Records from a collection
*****

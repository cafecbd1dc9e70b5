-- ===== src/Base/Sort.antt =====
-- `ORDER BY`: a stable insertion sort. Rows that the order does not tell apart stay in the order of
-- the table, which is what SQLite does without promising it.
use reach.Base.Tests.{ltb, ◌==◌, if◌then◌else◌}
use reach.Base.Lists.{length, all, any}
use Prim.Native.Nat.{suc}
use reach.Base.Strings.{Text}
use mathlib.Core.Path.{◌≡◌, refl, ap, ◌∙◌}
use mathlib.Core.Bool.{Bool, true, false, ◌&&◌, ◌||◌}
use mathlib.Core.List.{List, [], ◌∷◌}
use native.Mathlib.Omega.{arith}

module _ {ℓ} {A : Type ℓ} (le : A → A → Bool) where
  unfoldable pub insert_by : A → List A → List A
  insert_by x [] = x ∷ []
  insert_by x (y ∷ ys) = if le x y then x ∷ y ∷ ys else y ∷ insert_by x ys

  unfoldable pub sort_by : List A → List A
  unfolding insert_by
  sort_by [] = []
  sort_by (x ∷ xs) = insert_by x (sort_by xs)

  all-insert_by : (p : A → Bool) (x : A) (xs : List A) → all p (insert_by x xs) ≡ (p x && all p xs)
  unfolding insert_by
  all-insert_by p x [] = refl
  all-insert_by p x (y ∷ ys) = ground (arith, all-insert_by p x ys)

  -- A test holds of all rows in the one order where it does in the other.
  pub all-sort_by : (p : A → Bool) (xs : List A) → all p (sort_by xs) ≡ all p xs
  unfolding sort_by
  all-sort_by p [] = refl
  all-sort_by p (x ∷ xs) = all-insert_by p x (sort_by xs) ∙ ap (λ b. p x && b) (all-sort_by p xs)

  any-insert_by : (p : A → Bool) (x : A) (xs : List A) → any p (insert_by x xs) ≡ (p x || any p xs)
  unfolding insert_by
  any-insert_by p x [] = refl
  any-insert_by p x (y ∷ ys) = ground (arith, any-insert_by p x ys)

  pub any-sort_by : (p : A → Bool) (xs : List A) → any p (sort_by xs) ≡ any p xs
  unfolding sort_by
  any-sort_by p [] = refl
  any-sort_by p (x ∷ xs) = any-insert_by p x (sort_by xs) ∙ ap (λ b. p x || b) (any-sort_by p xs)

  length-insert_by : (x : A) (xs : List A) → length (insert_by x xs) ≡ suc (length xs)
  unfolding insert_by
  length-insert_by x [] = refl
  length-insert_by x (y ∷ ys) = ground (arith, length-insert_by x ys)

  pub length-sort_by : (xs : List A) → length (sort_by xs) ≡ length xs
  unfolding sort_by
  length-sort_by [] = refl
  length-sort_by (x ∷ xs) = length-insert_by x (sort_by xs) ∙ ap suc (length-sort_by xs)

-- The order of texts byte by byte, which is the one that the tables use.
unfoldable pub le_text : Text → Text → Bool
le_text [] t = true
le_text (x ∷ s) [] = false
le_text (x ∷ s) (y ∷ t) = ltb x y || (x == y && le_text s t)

*****

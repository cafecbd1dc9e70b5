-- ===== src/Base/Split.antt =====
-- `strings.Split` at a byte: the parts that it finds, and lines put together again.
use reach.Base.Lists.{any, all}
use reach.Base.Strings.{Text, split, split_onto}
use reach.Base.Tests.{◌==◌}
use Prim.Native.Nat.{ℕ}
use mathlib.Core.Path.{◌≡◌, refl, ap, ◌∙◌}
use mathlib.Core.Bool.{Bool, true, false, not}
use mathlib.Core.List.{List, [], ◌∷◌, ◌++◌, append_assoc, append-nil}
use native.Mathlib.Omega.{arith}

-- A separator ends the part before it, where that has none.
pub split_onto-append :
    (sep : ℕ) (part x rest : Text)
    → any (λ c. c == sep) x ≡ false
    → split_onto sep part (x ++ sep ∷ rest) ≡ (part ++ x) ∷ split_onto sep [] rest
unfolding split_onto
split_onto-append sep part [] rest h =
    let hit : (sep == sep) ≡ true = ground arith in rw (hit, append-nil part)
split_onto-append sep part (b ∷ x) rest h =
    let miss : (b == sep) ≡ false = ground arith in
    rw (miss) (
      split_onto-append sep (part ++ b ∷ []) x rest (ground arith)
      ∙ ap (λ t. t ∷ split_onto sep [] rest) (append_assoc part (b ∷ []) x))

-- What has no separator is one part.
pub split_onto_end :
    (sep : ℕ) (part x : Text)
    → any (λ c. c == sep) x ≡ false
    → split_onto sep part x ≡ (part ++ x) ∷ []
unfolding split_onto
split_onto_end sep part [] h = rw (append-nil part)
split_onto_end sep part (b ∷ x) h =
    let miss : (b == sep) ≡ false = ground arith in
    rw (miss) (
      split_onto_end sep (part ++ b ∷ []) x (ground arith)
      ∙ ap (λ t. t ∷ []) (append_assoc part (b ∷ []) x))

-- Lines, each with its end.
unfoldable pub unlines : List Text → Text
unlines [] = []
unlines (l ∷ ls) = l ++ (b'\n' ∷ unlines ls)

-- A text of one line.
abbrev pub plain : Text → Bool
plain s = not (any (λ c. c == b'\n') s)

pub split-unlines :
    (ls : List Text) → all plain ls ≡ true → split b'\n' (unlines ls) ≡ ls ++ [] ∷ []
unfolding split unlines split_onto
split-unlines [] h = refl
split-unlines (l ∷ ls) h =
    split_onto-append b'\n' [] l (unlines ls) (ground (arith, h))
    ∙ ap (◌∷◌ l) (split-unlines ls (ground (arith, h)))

*****

WHAT NEEDS TO BE DONE
Search the data above for the string "Prim" and report each line that holds it.

RESPONSE FOR THIS EXERCISE
use Prim.Native.Nat.{suc}
use Prim.Native.Nat.{ℕ}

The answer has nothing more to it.